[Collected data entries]
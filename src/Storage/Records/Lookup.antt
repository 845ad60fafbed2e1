-- ===== src/Storage/Records/Lookup.antt =====
-- The records of a name as a map from keys: what each operation does to the record found at a key.
use helm.Common.{
  Bytes, Bool, true, false, Option, none, some, [], ◌∷◌, ◌++◌, ◌≡◌, refl, ◌∙◌, ◌&&◌, arith,
  if◌then◌else◌, Bool-cases, inl, inr,
}
use helm.Common.Text.{eqb, eqb_iff}
use helm.Common.Sort.{sift, sort}
use helm.Result.{ok, err, release_exists}
use helm.Storage.Records.{
  Entry, Records, less, index, at, get, exists, add, remove, remove_at, remove_index, replace,
  put_at,
}

-- the first record with the key
unfoldable pub find : Bytes → Records → Option Entry
find key [] = none
find key (r ∷ rs) = if eqb r.key key then some r else find key rs

-- No key stands twice.
abbrev pub IsDistinct : Records → Type 0
IsDistinct [] = Unit {0}
IsDistinct (r ∷ rs) = (find r.key rs ≡ none) × IsDistinct rs

pub get-eq-find : (key : Bytes) (rs : Records) → get key rs ≡ find key rs
unfolding get index at find
get-eq-find key [] = refl
get-eq-find key (r ∷ rs) = ground (arith, get-eq-find key rs)

abbrev pub is_some {ℓ} : {A : Type ℓ} → Option A → Bool
is_some none = false
is_some (some a) = true

pub exists-eq-find : (key : Bytes) (rs : Records) → exists key rs ≡ is_some (find key rs)
unfolding exists index find
exists-eq-find key [] = refl
exists-eq-find key (r ∷ rs) = ground (arith, exists-eq-find key rs)

find-sift :
    (x : Entry) (l : Records) (key : Bytes)
    → find x.key l ≡ none
    → find key (sift less x l) ≡ (if eqb x.key key then some x else find key l)
unfolding sift find
find-sift x [] key h = refl
find-sift x (y ∷ ys) key h =
    ground (arith, find-sift x ys key, eqb_iff x.key key, eqb_iff y.key key, eqb_iff y.key x.key)

find-sort : (l : Records) (key : Bytes) → IsDistinct l → find key (sort less l) ≡ find key l
unfolding sort find
find-sort [] key h = refl
find-sort (x ∷ xs) key (fresh, h) =
    ground (arith, find-sift x (sort less xs) key, find-sort xs x.key h, find-sort xs key h)

find-append :
    (l : Records) (r : Entry) (key : Bytes)
    → find r.key l ≡ none
    → find key (l ++ r ∷ []) ≡ (if eqb r.key key then some r else find key l)
unfolding find
find-append [] r key h = refl
find-append (x ∷ xs) r key h =
    ground (arith, find-append xs r key, eqb_iff x.key key, eqb_iff x.key r.key, eqb_iff r.key key)

IsDistinct-append :
    (l : Records) (r : Entry) → find r.key l ≡ none → IsDistinct l → IsDistinct (l ++ r ∷ [])
unfolding find
IsDistinct-append [] r h d = (refl, tt)
IsDistinct-append (x ∷ xs) r h (fresh, d) = (
  ground (arith, find-append xs r x.key, eqb_iff r.key x.key, eqb_iff x.key r.key),
  IsDistinct-append xs r (ground arith) d,
)

IsDistinct-sift :
    (x : Entry) (l : Records) → find x.key l ≡ none → IsDistinct l → IsDistinct (sift less x l)
unfolding sift find
IsDistinct-sift x [] h d = (refl, tt)
IsDistinct-sift x (y ∷ ys) h (fresh, d) = elim (Bool-cases (less y x)) [
  | inl lt ↦ rw lt (
    ground (arith, find-sift x ys y.key, eqb_iff x.key y.key, eqb_iff y.key x.key),
    IsDistinct-sift x ys (ground arith) d,
  )
  | inr ge ↦ rw ge (h, (fresh, d))
]

IsDistinct-sort : (l : Records) → IsDistinct l → IsDistinct (sort less l)
unfolding sort
IsDistinct-sort [] d = tt
IsDistinct-sort (x ∷ xs) (fresh, d) =
    IsDistinct-sift x (sort less xs) (find-sort xs x.key d ∙ fresh) (IsDistinct-sort xs d)

module _ (rs : Records) (distinct : IsDistinct rs) where
  -- `Add` refuses a key that is there, and else adds the record under its key.
  pub find-add :
      (r : Entry)
      → find r.key rs ≡ none
      → (rs' : Records) × (add r rs ≡ ok rs')
        × IsDistinct rs'
        × ((key : Bytes) → find key rs' ≡ (if eqb r.key key then some r else find key rs))
  unfolding add
  find-add r fresh = (
    sort less (rs ++ r ∷ []),
    rw (exists-eq-find r.key rs, fresh),
    IsDistinct-sort (rs ++ r ∷ []) (IsDistinct-append rs r fresh distinct),
    λ key.
        find-sort (rs ++ r ∷ []) key (IsDistinct-append rs r fresh distinct)
        ∙ find-append rs r key fresh,
  )

  pub add_exists :
      (r old : Entry) → find r.key rs ≡ some old → add r rs ≡ err (release_exists r.key)
  unfolding add
  add_exists r old h = rw (exists-eq-find r.key rs, h)

-- `Remove` returns the record found at the key, if any.
pub remove-eq-find : (key : Bytes) (rs : Records) → (remove key rs).0 ≡ find key rs
unfolding remove remove_at index at find
remove-eq-find key [] = refl
remove-eq-find key (r ∷ rs) = ground (arith, remove-eq-find key rs)

remove_step :
    (key : Bytes) (r : Entry) (rs : Records)
    → (remove key (r ∷ rs)).1 ≡ (if eqb r.key key then rs else r ∷ (remove key rs).1)
unfolding remove remove_at index remove_index
remove_step key r rs = ground arith

pub find-remove :
    (rs : Records) (key j : Bytes)
    → IsDistinct rs
    → find j (remove key rs).1 ≡ (if eqb key j then none else find j rs)
unfolding find
find-remove [] key j d = unfold remove index in ground arith
find-remove (r ∷ rs) key j (fresh, d) = ground (
  arith,
  remove_step key r rs,
  find-remove rs key j d,
  eqb_iff r.key key,
  eqb_iff r.key j,
  eqb_iff key j,
)

pub IsDistinct-remove : (rs : Records) (key : Bytes) → IsDistinct rs → IsDistinct (remove key rs).1
unfolding find
IsDistinct-remove [] key d = unfold remove index in tt
IsDistinct-remove (r ∷ rs) key (fresh, d) =
    rw (remove_step key r rs) (elim (Bool-cases (eqb r.key key)) [
      | inl same ↦ rw same d
      | inr other ↦ rw other (
        find-remove rs key r.key d ∙ ground (arith, eqb_iff r.key key, eqb_iff key r.key),
        IsDistinct-remove rs key d,
      )
    ])

replace_step :
    (key : Bytes) (rec r : Entry) (rs : Records)
    → (replace key rec (r ∷ rs)).1
      ≡ (if eqb r.key key then rec ∷ rs else r ∷ (replace key rec rs).1)
unfolding replace index put_at
replace_step key rec r rs = ground arith

-- `Replace` puts a record of the same key in the place of the one found there.
pub find-replace :
    (rs : Records) (rec : Entry) (j : Bytes)
    → find j (replace rec.key rec rs).1
      ≡ (if eqb rec.key j && is_some (find j rs) then some rec else find j rs)
unfolding find
find-replace [] rec j = unfold replace index in ground arith
find-replace (r ∷ rs) rec j = ground (
  arith,
  replace_step rec.key rec r rs,
  find-replace rs rec j,
  eqb_iff r.key rec.key,
  eqb_iff r.key j,
  eqb_iff rec.key j,
)

pub IsDistinct-replace :
    (rs : Records) (rec : Entry) → IsDistinct rs → IsDistinct (replace rec.key rec rs).1
unfolding find
IsDistinct-replace [] rec d = unfold replace index in tt
IsDistinct-replace (r ∷ rs) rec (fresh, d) =
    rw (replace_step rec.key rec r rs) (elim (Bool-cases (eqb r.key rec.key)) [
      | inl same ↦ rw same (ground (arith, eqb_iff r.key rec.key), d)
      | inr other ↦ rw other (
        ground (arith, find-replace rs rec r.key, eqb_iff rec.key r.key, eqb_iff r.key rec.key),
        IsDistinct-replace rs rec d,
      )
    ])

- Exercise requirements -
Retype every line above with nothing changed.

- Output of the exercise -
filename src/Storage/Records/Lookup.antt
repository 845ad60fafbed2e1
-- ===== src/Storage/Records/Lookup.antt =====
-- The records of a name as a map from keys: what each operation does to the record found at a key.
use helm.Common.{
  Bytes, Bool, true, false, Option, none, some, [], ◌∷◌, ◌++◌, ◌≡◌, refl, ◌∙◌, ◌&&◌, arith,
  if◌then◌else◌, Bool-cases, inl, inr,
}
use helm.Common.Text.{eqb, eqb_iff}
use helm.Common.Sort.{sift, sort}
use helm.Result.{ok, err, release_exists}
use helm.Storage.Records.{
  Entry, Records, less, index, at, get, exists, add, remove, remove_at, remove_index, replace,
  put_at,
}

-- the first record with the key
unfoldable pub find : Bytes → Records → Option Entry
find key [] = none
find key (r ∷ rs) = if eqb r.key key then some r else find key rs

-- No key stands twice.
abbrev pub IsDistinct : Records → Type 0
IsDistinct [] = Unit {0}
IsDistinct (r ∷ rs) = (find r.key rs ≡ none) × IsDistinct rs

pub get-eq-find : (key : Bytes) (rs : Records) → get key rs ≡ find key rs
unfolding get index at find
get-eq-find key [] = refl
get-eq-find key (r ∷ rs) = ground (arith, get-eq-find key rs)

abbrev pub is_some {ℓ} : {A : Type ℓ} → Option A → Bool
is_some none = false
is_some (some a) = true

pub exists-eq-find : (key : Bytes) (rs : Records) → exists key rs ≡ is_some (find key rs)
unfolding exists index find
exists-eq-find key [] = refl
exists-eq-find key (r ∷ rs) = ground (arith, exists-eq-find key rs)

find-sift :
    (x : Entry) (l : Records) (key : Bytes)
    → find x.key l ≡ none
    → find key (sift less x l) ≡ (if eqb x.key key then some x else find key l)
unfolding sift find
find-sift x [] key h = refl
find-sift x (y ∷ ys) key h =
    ground (arith, find-sift x ys key, eqb_iff x.key key, eqb_iff y.key key, eqb_iff y.key x.key)

find-sort : (l : Records) (key : Bytes) → IsDistinct l → find key (sort less l) ≡ find key l
unfolding sort find
find-sort [] key h = refl
find-sort (x ∷ xs) key (fresh, h) =
    ground (arith, find-sift x (sort less xs) key, find-sort xs x.key h, find-sort xs key h)

find-append :
    (l : Records) (r : Entry) (key : Bytes)
    → find r.key l ≡ none
    → find key (l ++ r ∷ []) ≡ (if eqb r.key key then some r else find key l)
unfolding find
find-append [] r key h = refl
find-append (x ∷ xs) r key h =
    ground (arith, find-append xs r key, eqb_iff x.key key, eqb_iff x.key r.key, eqb_iff r.key key)

IsDistinct-append :
    (l : Records) (r : Entry) → find r.key l ≡ none → IsDistinct l → IsDistinct (l ++ r ∷ [])
unfolding find
IsDistinct-append [] r h d = (refl, tt)
IsDistinct-append (x ∷ xs) r h (fresh, d) = (
  ground (arith, find-append xs r x.key, eqb_iff r.key x.key, eqb_iff x.key r.key),
  IsDistinct-append xs r (ground arith) d,
)

IsDistinct-sift :
    (x : Entry) (l : Records) → find x.key l ≡ none → IsDistinct l → IsDistinct (sift less x l)
unfolding sift find
IsDistinct-sift x [] h d = (refl, tt)
IsDistinct-sift x (y ∷ ys) h (fresh, d) = elim (Bool-cases (less y x)) [
  | inl lt ↦ rw lt (
    ground (arith, find-sift x ys y.key, eqb_iff x.key y.key, eqb_iff y.key x.key),
    IsDistinct-sift x ys (ground arith) d,
  )
  | inr ge ↦ rw ge (h, (fresh, d))
]

IsDistinct-sort : (l : Records) → IsDistinct l → IsDistinct (sort less l)
unfolding sort
IsDistinct-sort [] d = tt
IsDistinct-sort (x ∷ xs) (fresh, d) =
    IsDistinct-sift x (sort less xs) (find-sort xs x.key d ∙ fresh) (IsDistinct-sort xs d)

module _ (rs : Records) (distinct : IsDistinct rs) where
  -- `Add` refuses a key that is there, and else adds the record under its key.
  pub find-add :
      (r : Entry)
      → find r.key rs ≡ none
      → (rs' : Records) × (add r rs ≡ ok rs')
        × IsDistinct rs'
        × ((key : Bytes) → find key rs' ≡ (if eqb r.key key then some r else find key rs))
  unfolding add
  find-add r fresh = (
    sort less (rs ++ r ∷ []),
    rw (exists-eq-find r.key rs, fresh),
    IsDistinct-sort (rs ++ r ∷ []) (IsDistinct-append rs r fresh distinct),
    λ key.
        find-sort (rs ++ r ∷ []) key (IsDistinct-append rs r fresh distinct)
        ∙ find-append rs r key fresh,
  )

  pub add_exists :
      (r old : Entry) → find r.key rs ≡ some old → add r rs ≡ err (release_exists r.key)
  unfolding add
  add_exists r old h = rw (exists-eq-find r.key rs, h)

-- `Remove` returns the record found at the key, if any.
pub remove-eq-find : (key : Bytes) (rs : Records) → (remove key rs).0 ≡ find key rs
unfolding remove remove_at index at find
remove-eq-find key [] = refl
remove-eq-find key (r ∷ rs) = ground (arith, remove-eq-find key rs)

remove_step :
    (key : Bytes) (r : Entry) (rs : Records)
    → (remove key (r ∷ rs)).1 ≡ (if eqb r.key key then rs else r ∷ (remove key rs).1)
unfolding remove remove_at index remove_index
remove_step key r rs = ground arith

pub find-remove :
    (rs : Records) (key j : Bytes)
    → IsDistinct rs
    → find j (remove key rs).1 ≡ (if eqb key j then none else find j rs)
unfolding find
find-remove [] key j d = unfold remove index in ground arith
find-remove (r ∷ rs) key j (fresh, d) = ground (
  arith,
  remove_step key r rs,
  find-remove rs key j d,
  eqb_iff r.key key,
  eqb_iff r.key j,
  eqb_iff key j,
)

pub IsDistinct-remove : (rs : Records) (key : Bytes) → IsDistinct rs → IsDistinct (remove key rs).1
unfolding find
IsDistinct-remove [] key d = unfold remove index in tt
IsDistinct-remove (r ∷ rs) key (fresh, d) =
    rw (remove_step key r rs) (elim (Bool-cases (eqb r.key key)) [
      | inl same ↦ rw same d
      | inr other ↦ rw other (
        find-remove rs key r.key d ∙ ground (arith, eqb_iff r.key key, eqb_iff key r.key),
        IsDistinct-remove rs key d,
      )
    ])

replace_step :
    (key : Bytes) (rec r : Entry) (rs : Records)
    → (replace key rec (r ∷ rs)).1
      ≡ (if eqb r.key key then rec ∷ rs else r ∷ (replace key rec rs).1)
unfolding replace index put_at
replace_step key rec r rs = ground arith

-- `Replace` puts a record of the same key in the place of the one found there.
pub find-replace :
    (rs : Records) (rec : Entry) (j : Bytes)
    → find j (replace rec.key rec rs).1
      ≡ (if eqb rec.key j && is_some (find j rs) then some rec else find j rs)
unfolding find
find-replace [] rec j = unfold replace index in ground arith
find-replace (r ∷ rs) rec j = ground (
  arith,
  replace_step rec.key rec r rs,
  find-replace rs rec j,
  eqb_iff r.key rec.key,
  eqb_iff r.key j,
  eqb_iff rec.key j,
)

pub IsDistinct-replace :
    (rs : Records) (rec : Entry) → IsDistinct rs → IsDistinct (replace rec.key rec rs).1
unfolding find
IsDistinct-replace [] rec d = unfold replace index in tt
IsDistinct-replace (r ∷ rs) rec (fresh, d) =
    rw (replace_step rec.key rec r rs) (elim (Bool-cases (eqb r.key rec.key)) [
      | inl same ↦ rw same (ground (arith, eqb_iff r.key rec.key), d)
      | inr other ↦ rw other (
        ground (arith, find-replace rs rec r.key, eqb_iff rec.key r.key, eqb_iff r.key rec.key),
        IsDistinct-replace rs rec d,
      )
    ])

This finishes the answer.